=== Section Start ===

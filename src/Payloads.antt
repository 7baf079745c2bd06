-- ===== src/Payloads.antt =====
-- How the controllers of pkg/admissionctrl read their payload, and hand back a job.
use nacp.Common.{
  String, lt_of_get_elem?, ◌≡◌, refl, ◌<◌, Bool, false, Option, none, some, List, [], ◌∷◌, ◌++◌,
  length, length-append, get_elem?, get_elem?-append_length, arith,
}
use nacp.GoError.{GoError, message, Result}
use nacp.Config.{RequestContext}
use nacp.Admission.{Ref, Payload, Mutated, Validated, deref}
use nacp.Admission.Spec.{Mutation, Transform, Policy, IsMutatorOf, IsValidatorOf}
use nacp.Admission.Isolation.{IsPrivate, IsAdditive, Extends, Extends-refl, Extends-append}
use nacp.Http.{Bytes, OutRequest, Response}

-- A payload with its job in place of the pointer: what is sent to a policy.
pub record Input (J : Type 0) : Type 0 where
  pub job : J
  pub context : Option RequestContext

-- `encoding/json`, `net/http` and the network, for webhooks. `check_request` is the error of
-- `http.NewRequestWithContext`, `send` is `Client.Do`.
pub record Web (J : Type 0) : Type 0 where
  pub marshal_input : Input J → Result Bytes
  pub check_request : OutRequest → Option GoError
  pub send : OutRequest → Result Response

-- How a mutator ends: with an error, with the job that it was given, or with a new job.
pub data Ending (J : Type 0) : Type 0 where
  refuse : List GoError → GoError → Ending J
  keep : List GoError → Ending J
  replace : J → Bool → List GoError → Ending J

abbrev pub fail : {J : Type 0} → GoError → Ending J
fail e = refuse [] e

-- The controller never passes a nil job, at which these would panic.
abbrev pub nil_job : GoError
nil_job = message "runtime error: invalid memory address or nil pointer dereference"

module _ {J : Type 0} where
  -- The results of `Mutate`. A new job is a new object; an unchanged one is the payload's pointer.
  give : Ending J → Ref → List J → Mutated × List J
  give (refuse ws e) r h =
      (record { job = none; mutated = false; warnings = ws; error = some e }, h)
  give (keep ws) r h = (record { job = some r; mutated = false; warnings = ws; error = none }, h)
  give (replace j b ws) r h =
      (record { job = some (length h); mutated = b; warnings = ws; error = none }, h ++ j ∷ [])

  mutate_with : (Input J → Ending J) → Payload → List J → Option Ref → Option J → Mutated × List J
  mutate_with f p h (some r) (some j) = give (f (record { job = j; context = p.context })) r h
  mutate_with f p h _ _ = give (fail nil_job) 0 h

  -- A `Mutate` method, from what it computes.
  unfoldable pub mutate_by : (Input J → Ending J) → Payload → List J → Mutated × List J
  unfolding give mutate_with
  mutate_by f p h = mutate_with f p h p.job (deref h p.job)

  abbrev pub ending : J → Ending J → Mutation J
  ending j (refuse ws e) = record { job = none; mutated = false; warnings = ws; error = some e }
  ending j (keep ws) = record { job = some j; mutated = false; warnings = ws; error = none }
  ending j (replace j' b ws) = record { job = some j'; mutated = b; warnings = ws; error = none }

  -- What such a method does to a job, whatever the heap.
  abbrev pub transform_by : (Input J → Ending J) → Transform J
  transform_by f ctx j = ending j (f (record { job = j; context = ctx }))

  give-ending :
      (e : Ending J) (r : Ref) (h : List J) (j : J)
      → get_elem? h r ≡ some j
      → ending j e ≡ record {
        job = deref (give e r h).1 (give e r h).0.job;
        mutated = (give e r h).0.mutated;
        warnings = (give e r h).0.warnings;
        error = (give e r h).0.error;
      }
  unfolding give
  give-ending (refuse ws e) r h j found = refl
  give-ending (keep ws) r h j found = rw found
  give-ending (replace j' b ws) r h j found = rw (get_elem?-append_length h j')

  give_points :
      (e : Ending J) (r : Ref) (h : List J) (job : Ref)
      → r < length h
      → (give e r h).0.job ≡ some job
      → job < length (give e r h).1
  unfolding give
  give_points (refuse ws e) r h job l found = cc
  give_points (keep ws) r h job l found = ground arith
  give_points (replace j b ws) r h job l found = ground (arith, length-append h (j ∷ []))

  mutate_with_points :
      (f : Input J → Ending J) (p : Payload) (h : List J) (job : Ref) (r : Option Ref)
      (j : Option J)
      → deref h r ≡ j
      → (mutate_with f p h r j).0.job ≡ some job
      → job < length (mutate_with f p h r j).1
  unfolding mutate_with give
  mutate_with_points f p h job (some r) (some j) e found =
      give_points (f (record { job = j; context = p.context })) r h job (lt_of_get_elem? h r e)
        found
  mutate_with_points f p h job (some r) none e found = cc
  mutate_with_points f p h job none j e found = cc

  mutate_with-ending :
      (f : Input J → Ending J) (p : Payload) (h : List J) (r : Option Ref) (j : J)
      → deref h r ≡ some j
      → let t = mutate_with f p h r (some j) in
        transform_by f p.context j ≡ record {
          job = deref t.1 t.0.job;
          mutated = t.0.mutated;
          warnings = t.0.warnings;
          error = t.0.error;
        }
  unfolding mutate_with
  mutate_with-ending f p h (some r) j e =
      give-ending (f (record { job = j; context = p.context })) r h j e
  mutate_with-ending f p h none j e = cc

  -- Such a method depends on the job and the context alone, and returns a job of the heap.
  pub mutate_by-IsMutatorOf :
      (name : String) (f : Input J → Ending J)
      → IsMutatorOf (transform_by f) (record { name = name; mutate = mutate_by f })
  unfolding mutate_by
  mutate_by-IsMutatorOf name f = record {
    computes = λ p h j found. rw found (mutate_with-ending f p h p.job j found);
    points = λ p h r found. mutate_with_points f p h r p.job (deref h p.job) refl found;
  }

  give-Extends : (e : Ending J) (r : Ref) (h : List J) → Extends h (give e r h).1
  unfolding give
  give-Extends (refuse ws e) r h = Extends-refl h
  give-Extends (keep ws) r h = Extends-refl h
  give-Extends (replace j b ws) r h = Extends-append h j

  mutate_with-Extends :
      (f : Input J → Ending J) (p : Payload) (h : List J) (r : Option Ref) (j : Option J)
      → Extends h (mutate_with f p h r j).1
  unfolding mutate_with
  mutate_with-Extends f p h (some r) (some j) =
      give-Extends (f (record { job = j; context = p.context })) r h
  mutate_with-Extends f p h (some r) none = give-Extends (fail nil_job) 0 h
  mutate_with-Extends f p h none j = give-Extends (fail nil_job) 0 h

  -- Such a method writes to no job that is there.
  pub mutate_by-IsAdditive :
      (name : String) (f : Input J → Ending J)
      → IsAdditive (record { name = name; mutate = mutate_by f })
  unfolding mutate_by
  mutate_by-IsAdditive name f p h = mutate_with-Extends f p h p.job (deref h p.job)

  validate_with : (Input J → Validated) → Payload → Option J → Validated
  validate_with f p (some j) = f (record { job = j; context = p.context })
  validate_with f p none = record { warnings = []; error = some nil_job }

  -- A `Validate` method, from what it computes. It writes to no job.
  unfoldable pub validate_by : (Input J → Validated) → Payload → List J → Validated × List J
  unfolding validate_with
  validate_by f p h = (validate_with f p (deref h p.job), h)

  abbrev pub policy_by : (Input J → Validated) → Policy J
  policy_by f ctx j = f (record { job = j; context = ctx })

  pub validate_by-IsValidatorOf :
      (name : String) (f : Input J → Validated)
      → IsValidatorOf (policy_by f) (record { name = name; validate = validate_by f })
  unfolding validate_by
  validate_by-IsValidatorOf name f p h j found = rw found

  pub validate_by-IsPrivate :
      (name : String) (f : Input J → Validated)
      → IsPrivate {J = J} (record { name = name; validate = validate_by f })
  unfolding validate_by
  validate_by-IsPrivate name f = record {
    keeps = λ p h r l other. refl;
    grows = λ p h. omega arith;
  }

=== Section End ===

*What you will do*:
If a line in the records holds the word "IsValidatorOf", count it, then give only the total.

*Result below*:
4